Lalu bagaimana jika ulama mendeklarasikan kepada siapa ia mendukung capres?

Mengenai hal ini, Buya Yahya memberikan pesan yang cukup menohok.

Buya Yahya mengingatkan agar jika sudah memantapkan hatinya maka jangan pernah mencaci maki hingga menjadi pemicu perpecahan umat.

“Sebab semua calon itu juga umat Nabi Muhammad yang harus anda bawa kepada kemuliaan,” ujar Buya Yahya, dikutip tvOnenews.com pada Selasa (2/1/2024) dari YouTube Al-Bahjah TV.


Ilustrasi Pilpres (ANTARA)

Buya Yahya mempersilahkan jika seorang ulama sudah memiliki keyakinan dan ingin memperlihatkannya.

Namun Buya Yahya mengingatkan agar itu benar sudah terbebas dari kepentingan pribadi.

“Jika Anda seorang Ustaz yang memang Anda punya keyakinan tentang calon yang Anda pilih dan sudah membebaskan diri Anda dari kepentingan pribadi maka anda boleh kok mengajak orang lain,” ujar Buya Yahya.

Namun Buya Yahya mengingatkan agar ulama tersebut tidak melakukan hal ini.

“Tapi catatannya tadi jangan caci maki, jangan mencaci calon yang lainnya,” saran Buya Yahya. 

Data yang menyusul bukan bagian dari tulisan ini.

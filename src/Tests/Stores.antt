-- ===== src/Tests/Stores.antt =====
-- A store of two slots of two records each, and its buffers.
use lloogg.Prelude.{ℕ, ◌+◌, ◌*◌, ◌^◌, ◌≤◌, ◌≡◌, refl, inl, some, [], ◌∷◌, arith, take}
use lloogg.Memory.{Memory}
use lloogg.Record.{Record, IsTyped}
use lloogg.Ring
use lloogg.Ring.{RingBuffer, get_last}
use lloogg.Ring.Newest.{contents}
use lloogg.Ring.Push.{push_refines}
use lloogg.StoreAlloc.{slot_size, slab}
use lloogg.MemoryPool.{link_slots}
use lloogg.MemoryPool.Chain.{link_slots-IsChain}
use lloogg.Store.{Store, with_pool_slots, push_record, erase}
use lloogg.Store.Spec.{no_logs}
use lloogg.Store.Open.{IsCapacity}
use lloogg.Store.Push.{Pushed, push_record_lem}
use lloogg.Store.Erase.{Erased, erase_lem}
use lloogg.Store.Create.{with_pool_slots_lem}
use lloogg.Store.View.{IsValid, view}

abbrev pub zeroed : Memory
zeroed x = 0

abbrev pub visit : Record
visit = record { event_type = 1; timestamp = 1000; url_hash = 2000 }

pub visit-IsTyped : IsTyped visit
visit-IsTyped = omega arith

-- The slots of 40 bytes at 4096.
pub slot_size_two : slot_size 2 ≡ 40
unfolding slot_size
slot_size_two = refl

pub room_for_two : 4096 + 2 * slot_size 2 ≤ 2 ^ 64
room_for_two = rw slot_size_two (omega arith)

with_pool_slots_example :
    (s : Store) × (with_pool_slots zeroed (some 4096) 2 2 ≡ some s)
    × IsValid 2 s
    × (s.capacity ≡ 2)
    × ((u : ℕ) → view s u ≡ no_logs u)
with_pool_slots_example =
    with_pool_slots_lem zeroed 4096 2 2 (omega arith) (omega arith) room_for_two

-- A buffer that is full: the next push overwrites its oldest record.
abbrev full : RingBuffer
full = record { data_ptr = 4096; capacity = 2; head = 1; count = 2; last_write_ts = 5 }

full-IsValid : Ring.IsValid 2 full
full-IsValid = omega arith

push_refines_example :
    contents (Ring.push zeroed full visit 9).0 (Ring.push zeroed full visit 9).1
    ≡ take 2 (visit ∷ contents zeroed full)
push_refines_example = push_refines zeroed visit 9 full-IsValid visit-IsTyped

-- The store that `with_pool_slots` makes of two slots.
abbrev pub two_slots : Store
two_slots = record {
  mem = link_slots zeroed 4096 40 2 0 2;
  alloc_state = slab 4096 80 4096;
  map_of = [];
  capacity = 2;
}

pub two_slots-IsValid : IsValid 2 two_slots
unfolding slot_size
two_slots-IsValid = record {
  free = 4096 ∷ 4136 ∷ [];
  parts = record {
    chain = link_slots-IsChain zeroed 4096 40 2 0 2 (omega arith) (omega arith) (omega arith) refl;
    separate = omega arith;
    placed = tt;
    keys = tt;
    counted = refl;
  };
}

pub two-IsCapacity : IsCapacity 2
two-IsCapacity = omega arith

push_record_example :
    (s' : Store) × (push_record two_slots 7 visit 9 ≡ some s') × Pushed 2 two_slots 7 visit 9 s'
push_record_example =
    push_record_lem 7 visit 9 visit-IsTyped two-IsCapacity two_slots-IsValid (inl (omega arith))

erase_example : Erased 2 two_slots 7 (erase two_slots 7)
erase_example = erase_lem 7 two_slots-IsValid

“Anda Ustaz cukup Anda bilang saya cenderung kepada ini, semoga dia menjadi pemimpin yang baik,” sambung Buya Yahya.

Buya Yahya sangat menegaskan agar jangan sampai ulama-ulama yang sudah memutuskan dukungannya membuat dinding pemisah.

“Enggak usah pakai begituan, ngapain Ustaz kok, Anda Ustaz jangan membuat dinding pemisah,” tegas Buya Yahya.

Buya Yahya mengatakan seseorang akan jadi hebat jika berhasil membuat semua umat tidak bermusuhan. 

“Anda baru menjadi orang hebat kalau ternyata bisa menjadikan hati mereka gak musuhan dengan Anda,” jelas Buya Yahya.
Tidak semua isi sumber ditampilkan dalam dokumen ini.